Given the controversial nature of the topic, some child welfare agencies were unwilling to participate, some even after agreeing to work with us in the past. We stayed nimble and pivoted to yield meaningful results.

We centered youth voices and experiences in our methods and while generating our final recommendations.

They didn't ask all these questions about all the awful stuff from the past. I was impressed!

Former foster youth feedback after an interview with Bloom researchers

The result

Our findings show that all families—birth families, kinship caregivers, and foster parents—need support with affirming queer kids in care.

We found that agencies varied widely in their capacity to meet the needs of queer children and youth in care.

Our research suggested that there are 6 main facets that influence how supported queer youth feel.
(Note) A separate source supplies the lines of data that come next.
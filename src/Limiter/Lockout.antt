-- ===== src/Limiter/Lockout.antt =====
-- When a reservation is refused, and when it is granted.
use gu_gu_manager.Base.{
  ℕ, ◌-◌, ◌≤◌, ◌<◌, ◌≡◌, String, true, false, none, some, List, [], ◌∷◌, arith, contains,
}
use gu_gu_manager.Base.Maps.{lookup}
use gu_gu_manager.Limiter.State.{AttemptState, AttemptLimiter}
use gu_gu_manager.Limiter.Keys.{normalized_limit_keys}
use gu_gu_manager.Limiter.Reserve.{Checked, reserve_checked, reserve_keys, reserve}
use gu_gu_manager.Limiter.Checks.{check_keys_blocked}

-- Reserving is refused as long as one of the requested keys is blocked, with a wait of at least
-- the rest of the block, and no reservation is given out.
pub reserve_blocked :
    (l : AttemptLimiter) (keys : List String) (now : ℕ) (k : String) (s : AttemptState)
    → contains k (normalized_limit_keys keys) ≡ true
    → lookup k l.entries ≡ some s
    → now < s.blocked_until
    → ((reserve l keys now).allowed ≡ false)
      × ((reserve l keys now).reservation ≡ none)
      × (s.blocked_until - now ≤ (reserve l keys now).retry_after)
unfolding reserve
reserve_blocked l keys now k s r e h = refused (normalized_limit_keys keys) r
  where
    refused :
        (ks : List String)
        → contains k ks ≡ true
        → ((reserve_keys l ks now).allowed ≡ false)
          × ((reserve_keys l ks now).reservation ≡ none)
          × (s.blocked_until - now ≤ (reserve_keys l ks now).retry_after)
    refused [] r = unfold contains in cc
    refused (x ∷ xs) r =
        let start : Checked = record { entries = l.entries; max_retry_after = 0 } in
        let wait = check_keys_blocked l.config now (x ∷ xs) k s start r e h in
        unfold reserve_keys reserve_checked in ground (arith, wait)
Youth in child welfare settings are more supported when:

  1. Leadership prioritizes queer affirmation and develops affirming policies
  2. Staff capacity includes understanding sexual orientation, gender identity, and expression and familiarity with queer affirmation
  3. A growth mindset prioritizes ongoing learning and resilience for the organization
  4. Data systems include infrastructure for recognizing, recording and tracking sexual orientation, gender identity, and expression (or SOGIE) data
  5. Resource families are prepared and supported to be affirming
  6. Services and programs consistently affirm and are widely accessible for queer children and youth, families of origin, kin, and resource families

To help agencies better support queer kids, we created 2 deliverables:

  • Affirming Resource Family Personae, which assists agency recruitment by expanding perceptions of who might be a promising candidate for a resource family (also known as a foster family) while highlighting the kinds of support different families will need to be queer affirming.
  • Queer Affirmation Maturity Model, which provides a foundation for agencies to identify their specific growth areas across the 6 pillars.

Seven subject matter experts reviewed a draft of the Queer Affirmation Maturity Model. In addition to their helpful feedback to enhance the model, they overwhelmingly endorsed the tool.

On April 30, 2024, the same day that the federal rule designating appropriate placement for LGBTQIA2S+ youth in child welfare was finalized, we held a demo and workshop of the Maturity Model with members of the Child Welfare Playbook working group.

Attendees worked in small groups to review the model together, locate their respective organizations’ growth areas, and discuss ways to work with our recommendations and linked resources. The feedback was largely enthusiastic, with many expressing gratitude for the model serving as a jumping off point to grow their queer affirmation efforts agency-wide.

Media coverage

The project’s 2 senior UX researchers, Holly Harridan and Shelly Ronen, appeared on the Creating a Family Podcast in 2024 to discuss the needs of queer youth in the foster care system.

Go to their episode: Raising a LGBTQ+ Child or Youth.

This work is part of a broader portfolio of work in the child welfare space. Find more of our work with children and families here.

Thank you so much for letting me be a part of this! The Queer Affirmation Maturity Model is absolutely amazing. I'm so excited for you all!